When I get home after a visit to a new place, I get a little bummed out. At home, I’ve touched all these things. Tasted all these foods. Seen all these sights. Boo.
After returning from our latest trip and really feeling these feelings, I caught myself one day and said, “knock it off. You’ll never ever be happy with your life if you keep this up.” So I decided to treat each thing in my life as if it were new and if that didn’t work, to treat them as revelations.

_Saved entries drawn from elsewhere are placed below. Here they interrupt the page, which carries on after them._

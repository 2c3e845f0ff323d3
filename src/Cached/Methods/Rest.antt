-- ===== src/Cached/Methods/Rest.antt =====
-- The methods of app/db/cached/accessor.go on upgrades, pools, peers, dynamic endpoints and tokens.
use idena_indexer_api.Prelude.{ℕ, Option, [], ◌∷◌}
use idena_indexer_api.Prelude.Text.{Text, codes}
use idena_indexer_api.Cached.Key.{number, text}
use idena_indexer_api.Cached.Entry.{Entry, entry, pointer_to}

pub data RestCall : Type 0 where
  upgrades : ℕ → Option (ℕ × Text) → RestCall
  upgrade_votings : ℕ → Option (ℕ × Text) → RestCall
  upgrade_voting_history : ℕ → RestCall
  upgrade : ℕ → RestCall
  pools_count : RestCall
  pools : ℕ → Option (ℕ × Text) → RestCall
  pool : Text → RestCall
  pool_delegators_count : Text → RestCall
  pool_delegators : Text → ℕ → Option (ℕ × Text) → RestCall
  pool_size_history : Text → ℕ → Option (ℕ × Text) → RestCall
  miners_history : RestCall
  peers_history : ℕ → RestCall
  dynamic_endpoint_data : Text → Option (ℕ × Text) → RestCall
  token : Text → RestCall
  token_holders : Text → ℕ → Option (ℕ × Text) → RestCall

unfoldable pub rest_entry : RestCall → Entry
rest_entry (upgrades count continuation_token) =
    entry (codes "Upgrades") (number count ∷ pointer_to continuation_token ∷ []) (codes "Upgrades")
      (number count ∷ pointer_to continuation_token ∷ [])
rest_entry (upgrade_votings count continuation_token) =
    entry (codes "UpgradeVotings") (number count ∷ pointer_to continuation_token ∷ [])
      (codes "UpgradeVotings") (number count ∷ pointer_to continuation_token ∷ [])
rest_entry (upgrade_voting_history upgrade_arg) =
    entry (codes "UpgradeVotingHistory") (number upgrade_arg ∷ []) (codes "UpgradeVotingHistory")
      (number upgrade_arg ∷ [])
rest_entry (upgrade upgrade_arg) =
    entry (codes "Upgrade") (number upgrade_arg ∷ []) (codes "Upgrade") (number upgrade_arg ∷ [])
rest_entry pools_count = entry (codes "PoolsCount") [] (codes "PoolsCount") []
rest_entry (pools count continuation_token) =
    entry (codes "Pools") (number count ∷ pointer_to continuation_token ∷ []) (codes "Pools")
      (number count ∷ pointer_to continuation_token ∷ [])
rest_entry (pool address) =
    entry (codes "Pool") (text address ∷ []) (codes "Pool") (text address ∷ [])
rest_entry (pool_delegators_count address) =
    entry (codes "PoolDelegatorsCount") (text address ∷ []) (codes "PoolDelegatorsCount")
      (text address ∷ [])
rest_entry (pool_delegators address count continuation_token) =
    entry (codes "PoolDelegators")
      (text address ∷ number count ∷ pointer_to continuation_token ∷ []) (codes "PoolDelegators")
      (text address ∷ number count ∷ pointer_to continuation_token ∷ [])
rest_entry (pool_size_history address count continuation_token) =
    entry (codes "PoolSizeHistory")
      (text address ∷ number count ∷ pointer_to continuation_token ∷ []) (codes "PoolSizeHistory")
      (text address ∷ number count ∷ pointer_to continuation_token ∷ [])
rest_entry miners_history = entry (codes "MinersHistory") [] (codes "MinersHistory") []
rest_entry (peers_history count) =
    entry (codes "PeersHistory") (number count ∷ []) (codes "PeersHistory") (number count ∷ [])
rest_entry (dynamic_endpoint_data name limit) =
    entry (codes "DynamicEndpointData") (text name ∷ pointer_to limit ∷ [])
      (codes "DynamicEndpointData") (text name ∷ pointer_to limit ∷ [])
rest_entry (token address) =
    entry (codes "Token") (text address ∷ []) (codes "Token") (text address ∷ [])
rest_entry (token_holders address count continuation_token) =
    entry (codes "TokenHolders") (text address ∷ number count ∷ pointer_to continuation_token ∷ [])
      (codes "TokenHolders") (text address ∷ number count ∷ pointer_to continuation_token ∷ [])
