-- ===== src/Cached/Methods.antt =====
-- The methods of app/db/cached/accessor.go that use its caches; the five that only pass the call on are
-- not among them.
pub mod Network
pub mod Epochs
pub mod EpochRewards
pub mod EpochIdentities
pub mod Blocks
pub mod Identities
pub mod Addresses
pub mod Transactions
pub mod Contracts
pub mod Rest
pub mod Coherence
pub mod Sharing
mod Examples
use idena_indexer_api.Cached.Entry.{Entry}
use idena_indexer_api.Cached.Methods.Network.{NetworkCall, network_entry}
use idena_indexer_api.Cached.Methods.Epochs.{EpochCall, epoch_entry}
use idena_indexer_api.Cached.Methods.EpochRewards.{EpochRewardCall, epoch_reward_entry}
use idena_indexer_api.Cached.Methods.EpochIdentities.{EpochIdentityCall, epoch_identity_entry}
use idena_indexer_api.Cached.Methods.Blocks.{BlockCall, block_entry}
use idena_indexer_api.Cached.Methods.Identities.{IdentityCall, identity_entry}
use idena_indexer_api.Cached.Methods.Addresses.{AddressCall, address_entry}
use idena_indexer_api.Cached.Methods.Transactions.{TransactionCall, transaction_entry}
use idena_indexer_api.Cached.Methods.Contracts.{ContractCall, contract_entry}
use idena_indexer_api.Cached.Methods.Rest.{RestCall, rest_entry}

pub data Call : Type 0 where
  network_call : NetworkCall → Call
  epochs_call : EpochCall → Call
  epoch_rewards_call : EpochRewardCall → Call
  epoch_identities_call : EpochIdentityCall → Call
  blocks_call : BlockCall → Call
  identities_call : IdentityCall → Call
  addresses_call : AddressCall → Call
  transactions_call : TransactionCall → Call
  contracts_call : ContractCall → Call
  rest_call : RestCall → Call

unfoldable pub entry_of : Call → Entry
unfolding network_entry epoch_entry epoch_reward_entry epoch_identity_entry block_entry
    identity_entry address_entry transaction_entry contract_entry rest_entry
entry_of (network_call c) = network_entry c
entry_of (epochs_call c) = epoch_entry c
entry_of (epoch_rewards_call c) = epoch_reward_entry c
entry_of (epoch_identities_call c) = epoch_identity_entry c
entry_of (blocks_call c) = block_entry c
entry_of (identities_call c) = identity_entry c
entry_of (addresses_call c) = address_entry c
entry_of (transactions_call c) = transaction_entry c
entry_of (contracts_call c) = contract_entry c
entry_of (rest_call c) = rest_entry c
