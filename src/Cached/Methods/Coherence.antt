-- ===== src/Cached/Methods/Coherence.antt =====
-- The calls of app/db/cached/accessor.go that meet in one item of a cache.
use idena_indexer_api.Prelude.{◌≡◌, Bool, true, false}
use idena_indexer_api.Cached.Entry.{Entry}
use idena_indexer_api.Cached.Methods.Network.{circulating_supply, active_addresses_count}
use idena_indexer_api.Cached.Methods.{Call, network_call}

-- The two methods whose argument is not in the key.
unfoldable pub is_keyed : Call → Bool
is_keyed (network_call (circulating_supply addresses)) = false
is_keyed (network_call (active_addresses_count after_time)) = false
is_keyed _ = true

abbrev Loads : Entry → Type 0
Loads e = (e.loaded ≡ e.method) × (e.load_args ≡ e.args)
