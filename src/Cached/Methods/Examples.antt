-- ===== src/Cached/Methods/Examples.antt =====
-- The keys of some calls of app/db/cached/accessor.go.
use idena_indexer_api.Prelude.Decimal.{format_digits, format_uint}
use idena_indexer_api.Prelude.{ℕ, ◌≡◌, refl, some, List, [], ◌∷◌}
use idena_indexer_api.Prelude.Text.{Text, codes}
use idena_indexer_api.Cached.Key.{Arg, number, text, render_all}
use idena_indexer_api.Cached.Key.Separation.{cache_key-render_all, all_words}
use idena_indexer_api.Cached.Accessor.{CachedValue}
use idena_indexer_api.Cached.Methods.Epochs.{epoch_flips}
use idena_indexer_api.Cached.Methods.{Call, epochs_call}

abbrev args : List Arg
args = number 41 ∷ text (codes "0xa") ∷ []

cache_key-render_all_example : render_all args ≡ render_all (number 41 ∷ text (codes "0xa") ∷ [])
unfolding all_words render_all format_uint format_digits
cache_key-render_all_example =
    cache_key-render_all args (number 41 ∷ text (codes "0xa") ∷ []) refl refl refl

-- Two pages of the flips of an epoch whose tokens differ and stand at one address.
abbrev page : Text → Call
page token = epochs_call (epoch_flips 90 30 (some (4096, token)))

abbrev Value : Type 0
Value = CachedValue ℕ ℕ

When I was bored with a lovely restaurant in Boston that my husband and I often go to before theatre reservations, I checked myself and said, “imagine you’re in a foreign country.” Who knows if the Parisian restaurants we ate at were as amazing as we thought or if we just loved them because they were new and different? (Truthfully, they were amazing but you get my point.) So I imagined that the Boston restaurant represented a delicious meal with my husband and pretended I hadn’t eaten there before and you know what? It was fine. It wasn’t amazing but I wasn’t grumbling like a spoiled child anymore. I made it feel exciting just by changing my mindset. It helped lift me from the doldrums and see how beautiful that evening was (even if we missed our show because we got the location wrong because of jet lag). And I will actually remember it specifically because an older couple sat near us, delighted to have gotten a table, because they were exhausted from protesting nearby and just wanted to celebrate their hard work for the day. And I thought, ‘I love Boston SO much.” And I do. I always have loved my hometown. Someday I think we might move back.
But I don’t currently live in Boston (I live about 15 miles away), so I needed to keep my focus on the suburb where I feel bored. So I did.
When I walk into my living room and collapse on the chair I love, I revel in the light coming from the window and how comfortable my living room is. When I sit in a comfortable place elsewhere, I revel in what the hosts have done to make it amazing, the thoughtful details and personality touches. So I put those metaphorical glasses on and do the same for myself in my own home. I honor the work we did to make this place ours and instead of seeing all the issues that a homeowner sees, I see all the happy memories and decisions that went into making this our home.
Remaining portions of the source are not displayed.